Two-year deals with an LTV of 60% and 90% drop by up to 15 basis points.
At West Brom Building Society, reductions on selected core and new-build mortgages within the range of new homes came into effect today.
A fixed LTV of 90% over two years for first-time buyers and movers with a fee of £999 has been reduced by 22 basis points from 5.3% to 5.08%.
At an LTV of 95%, the two-year fix for starters and movers has been reduced by 26 basis points without costs from 5.84% to 5.58%.
Within the new build offer, a two-year mortgage with a 90% LTV fixed purchase and a fee of £999 has been reduced by 23 basis points from 5.81% to 5.58%.

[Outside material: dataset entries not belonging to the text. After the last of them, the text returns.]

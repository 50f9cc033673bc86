-- ===== src/ProducerConsumer/Refinement.antt =====
-- The programs with a lock refine the one with atomics.
use mathlib.Core.Path.{subst}
use concurrent_project.Prelude.{
  sym, ℕ, ◌+◌, ◌≡◌, refl, Bool, true, false, if◌then◌else◌, arith, inl, inr,
}
use concurrent_project.ProducerConsumer
use concurrent_project.ProducerConsumer.{Text, Shared, checking, produce, consume}
use concurrent_project.ProducerConsumer.Locked.{
  Program, Place, testing, sleeping, Thread, producer, consumer, next, woken, System, after_produce,
  after_consume, Reach, starts, produces, consumes, Lock,
}
use concurrent_project.ProducerConsumer.Simulation.{
  abstract, inside, one_if, HasRound, signal-abstract, produces-Refines, consumes-Refines,
  KeepsLock, next-KeepsLock,
}

inside-signal :
    (b : Bool) (place : Place) → inside (if b then woken place else place) ≡ inside place
inside-signal false place = refl
inside-signal true sleeping = refl
inside-signal true other = refl

HasRound-signal :
    (runs : ℕ) (b : Bool) (place : Place) (r : ℕ)
    → HasRound runs place r
    → HasRound runs (if b then woken place else place) r
HasRound-signal runs false place r h = h
HasRound-signal runs true sleeping r h = tt
HasRound-signal runs true testing r h = h
HasRound-signal runs true other r h = tt

-- One thread at most has the lock, exactly when it is held, and the state is one of the program with
-- atomics.
pub record IsRefined (size runs : ℕ) (text : ℕ → Text) (zero_text : Text) (sys : System)
    : Type 0 where
  pub exclusive : inside sys.producing.place + inside sys.consuming.place ≡ one_if sys.held
  pub producing_round : HasRound runs sys.producing.place sys.producing.r
  pub consuming_round : HasRound runs sys.consuming.place sys.consuming.r
  pub atomics : ProducerConsumer.Reach size runs text zero_text (abstract sys)

same-Reach :
    (size runs : ℕ) (text : ℕ → Text) (zero_text : Text)
    → (a b : ProducerConsumer.System) → a.shared ≡ b.shared
    → a.producer ≡ b.producer
    → a.consumer ≡ b.consumer
    → ProducerConsumer.Reach size runs text zero_text b
    → ProducerConsumer.Reach size runs text zero_text a
same-Reach size runs text zero_text a b e1 e2 e3 reach =
    subst (ProducerConsumer.Reach size runs text zero_text)
      (λ i. record { shared = sym e1 i; producer = sym e2 i; consumer = sym e3 i }) reach

module _ (program : Program) (size runs : ℕ) (text : ℕ → Text) (zero_text : Text) where
  produce-IsRefined :
      (sys : System)
      → IsRefined size runs text zero_text sys
      → IsRefined size runs text zero_text (after_produce program size runs text sys)
  unfolding next KeepsLock
  produce-IsRefined sys i = record {
    exclusive = omega (arith, own.0, i.exclusive, inside-signal lock.signalled sys.consuming.place);
    producing_round = own.1;
    consuming_round =
        HasRound-signal runs lock.signalled sys.consuming.place sys.consuming.r i.consuming_round;
    atomics =
        elim (produces-Refines program size runs text t.place t.r sys.held sys.shared
          i.producing_round) [
            | inl (e, e') ↦
                same-Reach size runs text zero_text _ (abstract sys) e e'
                  (signal-abstract lock.signalled sys.consuming) i.atomics
            | inr (e, e') ↦
                same-Reach size runs text zero_text _ _ e e'
                  (signal-abstract lock.signalled sys.consuming)
                  (ProducerConsumer.later i.atomics ProducerConsumer.produces)
          ];
  }
    where
      t : Thread
      t = sys.producing

      lock : Lock
      lock = (next program size runs text producer t sys.held sys.shared).1

      own : KeepsLock program size runs text producer t sys.held sys.shared
      own =
          next-KeepsLock program size runs text producer t.place t.r sys.held sys.shared
            (omega (arith, i.exclusive)) i.producing_round

  consume-IsRefined :
      (sys : System)
      → IsRefined size runs text zero_text sys
      → IsRefined size runs text zero_text (after_consume program size runs text sys)
  unfolding next KeepsLock
  consume-IsRefined sys i = record {
    exclusive = omega (arith, own.0, i.exclusive, inside-signal lock.signalled sys.producing.place);
    producing_round =
        HasRound-signal runs lock.signalled sys.producing.place sys.producing.r i.producing_round;
    consuming_round = own.1;
    atomics =
        elim (consumes-Refines program size runs text t.place t.r sys.held sys.shared
          i.consuming_round) [
            | inl (e, e') ↦
                same-Reach size runs text zero_text _ (abstract sys) e
                  (signal-abstract lock.signalled sys.producing) e' i.atomics
            | inr (e, e') ↦
                same-Reach size runs text zero_text _ _ e
                  (signal-abstract lock.signalled sys.producing) e'
                  (ProducerConsumer.later i.atomics ProducerConsumer.consumes)
          ];
  }
    where
      t : Thread
      t = sys.consuming

      lock : Lock
      lock = (next program size runs text consumer t sys.held sys.shared).1

      own : KeepsLock program size runs text consumer t sys.held sys.shared
      own =
          next-KeepsLock program size runs text consumer t.place t.r sys.held sys.shared
            (omega (arith, i.exclusive)) i.consuming_round

  -- procon2.c and procon4.c refine procon3.c: every state that the threads can reach with the lock is,
  -- without the lock and with each place at its counterpart, a state that they can reach with the
  -- atomic counters; and one thread at most is between its lock_acquire and its lock_release, exactly
  -- when the lock is held.
  pub Reach-IsRefined :
      (sys : System)
      → Reach program size runs text zero_text sys
      → IsRefined size runs text zero_text sys
  Reach-IsRefined sys starts = record {
    exclusive = refl;
    producing_round = tt;
    consuming_round = tt;
    atomics = ProducerConsumer.starts;
  }
  Reach-IsRefined sys (produces {sys = before} reach) =
      produce-IsRefined before (Reach-IsRefined before reach)
  Reach-IsRefined sys (consumes {sys = before} reach) =
      consume-IsRefined before (Reach-IsRefined before reach)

West Brom product manager John Phillips said: “Our focus has always been on putting the customer first, and these latest rate cuts are designed to deliver even more value to borrowers entering today’s housing market.
“We know affordability remains an important consideration, especially for first-time buyers and home movers with smaller deposits, so it’s important that we continue to offer competitive options that support a wide range of needs.
“By reducing rates across both our core and new build ranges, we are helping customers and brokers access products that offer strong value and greater confidence when making longer-term financial decisions.”
It comes as experts warn that uncertainty over the Prime Minister’s future could lead to more volatility in mortgage rates.